Material for this exercise section start
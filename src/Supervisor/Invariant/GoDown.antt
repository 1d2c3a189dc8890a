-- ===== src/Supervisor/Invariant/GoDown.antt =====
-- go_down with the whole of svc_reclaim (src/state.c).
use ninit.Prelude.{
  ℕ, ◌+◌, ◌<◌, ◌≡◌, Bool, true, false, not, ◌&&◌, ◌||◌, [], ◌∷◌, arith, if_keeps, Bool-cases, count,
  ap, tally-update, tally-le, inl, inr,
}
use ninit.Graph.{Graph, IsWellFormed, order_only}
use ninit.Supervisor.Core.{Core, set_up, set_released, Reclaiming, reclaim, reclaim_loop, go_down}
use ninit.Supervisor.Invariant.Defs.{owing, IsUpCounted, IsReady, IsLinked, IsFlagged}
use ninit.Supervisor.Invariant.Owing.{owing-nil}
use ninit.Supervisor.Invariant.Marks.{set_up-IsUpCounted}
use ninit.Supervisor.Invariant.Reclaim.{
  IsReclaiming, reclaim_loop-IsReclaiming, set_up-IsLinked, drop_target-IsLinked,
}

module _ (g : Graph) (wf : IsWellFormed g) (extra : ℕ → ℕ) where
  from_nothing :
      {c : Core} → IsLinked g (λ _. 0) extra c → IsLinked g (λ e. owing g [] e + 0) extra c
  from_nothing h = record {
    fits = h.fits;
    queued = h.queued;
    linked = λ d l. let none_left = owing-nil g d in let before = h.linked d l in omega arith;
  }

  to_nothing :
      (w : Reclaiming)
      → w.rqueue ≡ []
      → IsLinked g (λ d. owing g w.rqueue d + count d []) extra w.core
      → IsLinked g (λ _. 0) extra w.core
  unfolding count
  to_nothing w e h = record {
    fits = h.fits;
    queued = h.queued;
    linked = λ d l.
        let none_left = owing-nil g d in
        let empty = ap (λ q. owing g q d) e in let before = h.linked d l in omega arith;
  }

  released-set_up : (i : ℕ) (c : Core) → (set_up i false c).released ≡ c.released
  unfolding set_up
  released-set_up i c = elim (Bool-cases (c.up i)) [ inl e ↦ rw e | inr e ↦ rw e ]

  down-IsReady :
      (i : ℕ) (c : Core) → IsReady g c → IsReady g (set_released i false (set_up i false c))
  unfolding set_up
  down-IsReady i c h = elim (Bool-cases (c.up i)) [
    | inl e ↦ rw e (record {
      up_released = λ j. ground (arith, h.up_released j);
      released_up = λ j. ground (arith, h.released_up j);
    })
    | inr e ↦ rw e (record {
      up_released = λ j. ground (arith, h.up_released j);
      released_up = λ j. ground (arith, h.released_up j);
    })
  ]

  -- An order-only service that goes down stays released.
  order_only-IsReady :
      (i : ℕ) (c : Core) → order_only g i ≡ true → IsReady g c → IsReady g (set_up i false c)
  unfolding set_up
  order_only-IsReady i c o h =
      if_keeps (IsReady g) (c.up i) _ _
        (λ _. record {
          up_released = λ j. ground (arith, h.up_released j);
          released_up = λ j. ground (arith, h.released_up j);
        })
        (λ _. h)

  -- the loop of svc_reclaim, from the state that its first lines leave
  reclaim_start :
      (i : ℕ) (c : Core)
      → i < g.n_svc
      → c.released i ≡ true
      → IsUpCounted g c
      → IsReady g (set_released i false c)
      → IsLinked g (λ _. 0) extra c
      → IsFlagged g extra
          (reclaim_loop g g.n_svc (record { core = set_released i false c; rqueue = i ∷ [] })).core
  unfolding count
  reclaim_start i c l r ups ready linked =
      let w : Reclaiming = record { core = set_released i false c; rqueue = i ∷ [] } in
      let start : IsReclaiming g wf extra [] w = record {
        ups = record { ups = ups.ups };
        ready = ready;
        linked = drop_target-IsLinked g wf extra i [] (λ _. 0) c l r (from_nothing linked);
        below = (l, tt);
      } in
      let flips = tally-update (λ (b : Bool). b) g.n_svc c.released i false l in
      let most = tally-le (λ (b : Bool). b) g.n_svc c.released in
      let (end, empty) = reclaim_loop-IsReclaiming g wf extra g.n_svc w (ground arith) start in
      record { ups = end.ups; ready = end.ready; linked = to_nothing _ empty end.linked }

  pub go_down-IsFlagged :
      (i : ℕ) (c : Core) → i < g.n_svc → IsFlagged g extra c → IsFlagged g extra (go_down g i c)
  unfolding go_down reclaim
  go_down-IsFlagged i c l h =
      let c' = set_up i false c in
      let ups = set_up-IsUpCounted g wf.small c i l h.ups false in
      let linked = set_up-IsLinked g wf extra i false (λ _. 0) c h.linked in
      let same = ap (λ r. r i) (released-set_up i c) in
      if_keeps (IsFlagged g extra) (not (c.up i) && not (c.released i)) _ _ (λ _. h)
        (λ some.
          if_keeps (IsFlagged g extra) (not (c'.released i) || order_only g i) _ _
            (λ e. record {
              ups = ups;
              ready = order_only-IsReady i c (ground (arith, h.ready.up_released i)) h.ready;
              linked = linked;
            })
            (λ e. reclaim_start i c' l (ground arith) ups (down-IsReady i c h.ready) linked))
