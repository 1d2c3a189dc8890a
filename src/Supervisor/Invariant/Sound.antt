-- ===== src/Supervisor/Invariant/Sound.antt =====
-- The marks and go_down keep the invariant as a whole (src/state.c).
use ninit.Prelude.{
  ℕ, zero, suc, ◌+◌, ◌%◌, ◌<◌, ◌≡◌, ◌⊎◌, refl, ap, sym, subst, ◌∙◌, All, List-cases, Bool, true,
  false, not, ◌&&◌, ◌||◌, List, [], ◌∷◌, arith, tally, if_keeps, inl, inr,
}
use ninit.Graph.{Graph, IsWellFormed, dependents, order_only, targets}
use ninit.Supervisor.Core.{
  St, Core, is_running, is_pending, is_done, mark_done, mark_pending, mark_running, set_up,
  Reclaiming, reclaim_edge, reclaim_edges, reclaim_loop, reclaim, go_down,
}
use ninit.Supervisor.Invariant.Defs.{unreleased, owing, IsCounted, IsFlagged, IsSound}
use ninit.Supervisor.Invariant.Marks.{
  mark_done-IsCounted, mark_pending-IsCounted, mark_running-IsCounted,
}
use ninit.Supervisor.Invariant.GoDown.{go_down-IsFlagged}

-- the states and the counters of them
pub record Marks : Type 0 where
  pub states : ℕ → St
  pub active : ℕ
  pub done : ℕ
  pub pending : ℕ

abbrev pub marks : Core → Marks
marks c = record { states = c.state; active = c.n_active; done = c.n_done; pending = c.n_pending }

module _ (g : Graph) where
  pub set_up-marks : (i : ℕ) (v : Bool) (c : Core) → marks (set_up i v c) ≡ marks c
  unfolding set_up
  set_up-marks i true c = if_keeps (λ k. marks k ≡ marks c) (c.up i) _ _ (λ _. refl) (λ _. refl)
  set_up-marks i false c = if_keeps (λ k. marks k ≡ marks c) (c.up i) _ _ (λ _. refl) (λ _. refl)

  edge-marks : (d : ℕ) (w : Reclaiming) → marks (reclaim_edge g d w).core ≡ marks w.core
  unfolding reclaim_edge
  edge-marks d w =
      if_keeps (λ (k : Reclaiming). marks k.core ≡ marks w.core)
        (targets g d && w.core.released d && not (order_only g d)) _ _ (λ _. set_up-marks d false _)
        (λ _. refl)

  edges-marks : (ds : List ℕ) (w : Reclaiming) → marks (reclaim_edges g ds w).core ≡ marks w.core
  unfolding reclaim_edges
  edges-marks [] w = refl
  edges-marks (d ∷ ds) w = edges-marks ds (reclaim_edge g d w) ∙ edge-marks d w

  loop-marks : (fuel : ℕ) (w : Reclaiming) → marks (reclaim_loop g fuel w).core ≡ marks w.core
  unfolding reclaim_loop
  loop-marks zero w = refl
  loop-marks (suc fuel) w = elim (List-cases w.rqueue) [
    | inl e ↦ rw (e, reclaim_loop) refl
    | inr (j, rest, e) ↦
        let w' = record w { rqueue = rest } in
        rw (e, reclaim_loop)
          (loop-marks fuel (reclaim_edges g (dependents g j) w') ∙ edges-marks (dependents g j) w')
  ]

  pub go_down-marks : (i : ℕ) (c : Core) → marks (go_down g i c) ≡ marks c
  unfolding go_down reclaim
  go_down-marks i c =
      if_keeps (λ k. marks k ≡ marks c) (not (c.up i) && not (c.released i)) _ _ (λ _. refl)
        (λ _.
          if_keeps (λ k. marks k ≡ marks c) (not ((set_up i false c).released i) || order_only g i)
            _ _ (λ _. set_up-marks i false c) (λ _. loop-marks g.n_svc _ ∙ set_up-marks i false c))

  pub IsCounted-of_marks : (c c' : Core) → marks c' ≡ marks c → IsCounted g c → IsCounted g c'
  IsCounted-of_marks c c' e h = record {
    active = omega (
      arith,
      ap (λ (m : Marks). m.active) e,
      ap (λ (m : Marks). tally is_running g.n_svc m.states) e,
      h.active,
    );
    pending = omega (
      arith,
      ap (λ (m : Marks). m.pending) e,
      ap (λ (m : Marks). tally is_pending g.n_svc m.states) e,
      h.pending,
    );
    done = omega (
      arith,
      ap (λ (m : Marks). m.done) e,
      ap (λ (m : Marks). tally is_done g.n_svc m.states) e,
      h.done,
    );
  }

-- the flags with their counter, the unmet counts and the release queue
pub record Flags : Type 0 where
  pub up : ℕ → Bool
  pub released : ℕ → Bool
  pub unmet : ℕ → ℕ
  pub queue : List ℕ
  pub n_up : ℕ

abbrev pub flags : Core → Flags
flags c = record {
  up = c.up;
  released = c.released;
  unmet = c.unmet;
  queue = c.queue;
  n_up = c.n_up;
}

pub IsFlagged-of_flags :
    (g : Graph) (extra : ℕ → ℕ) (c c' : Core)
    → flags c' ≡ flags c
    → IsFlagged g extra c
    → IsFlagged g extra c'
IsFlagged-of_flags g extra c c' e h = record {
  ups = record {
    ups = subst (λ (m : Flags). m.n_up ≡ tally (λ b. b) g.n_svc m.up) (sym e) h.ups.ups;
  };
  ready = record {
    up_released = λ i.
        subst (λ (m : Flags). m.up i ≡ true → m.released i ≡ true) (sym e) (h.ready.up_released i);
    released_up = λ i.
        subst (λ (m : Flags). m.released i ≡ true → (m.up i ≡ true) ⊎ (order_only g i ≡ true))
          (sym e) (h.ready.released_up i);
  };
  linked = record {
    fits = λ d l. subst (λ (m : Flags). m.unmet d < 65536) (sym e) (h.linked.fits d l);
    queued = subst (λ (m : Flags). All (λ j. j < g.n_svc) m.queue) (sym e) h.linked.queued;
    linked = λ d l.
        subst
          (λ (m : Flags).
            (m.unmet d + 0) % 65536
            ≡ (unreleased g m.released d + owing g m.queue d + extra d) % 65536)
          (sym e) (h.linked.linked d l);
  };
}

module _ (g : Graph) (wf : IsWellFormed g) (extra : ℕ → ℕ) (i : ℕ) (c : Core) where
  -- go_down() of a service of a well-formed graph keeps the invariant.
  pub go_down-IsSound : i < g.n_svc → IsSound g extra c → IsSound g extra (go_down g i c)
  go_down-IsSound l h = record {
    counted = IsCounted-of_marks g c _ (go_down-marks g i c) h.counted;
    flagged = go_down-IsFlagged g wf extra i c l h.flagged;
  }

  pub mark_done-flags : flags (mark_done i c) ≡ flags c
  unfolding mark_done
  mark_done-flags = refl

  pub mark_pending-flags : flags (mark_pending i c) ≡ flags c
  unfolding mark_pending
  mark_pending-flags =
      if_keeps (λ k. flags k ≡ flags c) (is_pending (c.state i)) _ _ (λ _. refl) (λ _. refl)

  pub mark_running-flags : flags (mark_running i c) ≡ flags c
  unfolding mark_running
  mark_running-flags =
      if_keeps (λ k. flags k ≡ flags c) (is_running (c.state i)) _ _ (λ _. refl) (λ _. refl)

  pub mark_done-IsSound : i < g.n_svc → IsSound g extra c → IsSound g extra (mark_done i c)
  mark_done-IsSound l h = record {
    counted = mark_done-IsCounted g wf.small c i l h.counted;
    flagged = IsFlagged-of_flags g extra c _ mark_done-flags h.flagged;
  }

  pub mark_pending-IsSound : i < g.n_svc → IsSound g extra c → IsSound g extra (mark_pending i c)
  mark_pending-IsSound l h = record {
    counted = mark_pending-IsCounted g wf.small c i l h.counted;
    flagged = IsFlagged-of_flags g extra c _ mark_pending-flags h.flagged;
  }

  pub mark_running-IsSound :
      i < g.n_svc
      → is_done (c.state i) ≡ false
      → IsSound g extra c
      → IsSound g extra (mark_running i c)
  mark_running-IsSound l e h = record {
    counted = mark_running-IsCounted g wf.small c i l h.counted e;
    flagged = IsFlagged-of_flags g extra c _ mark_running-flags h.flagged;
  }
Material for this exercise section end
§ **Directions for this task**: If a line in the entries above has the word "with", copy it.

§ **Output**:
-- go_down with the whole of svc_reclaim (src/state.c).
-- the flags with their counter, the unmet counts and the release queue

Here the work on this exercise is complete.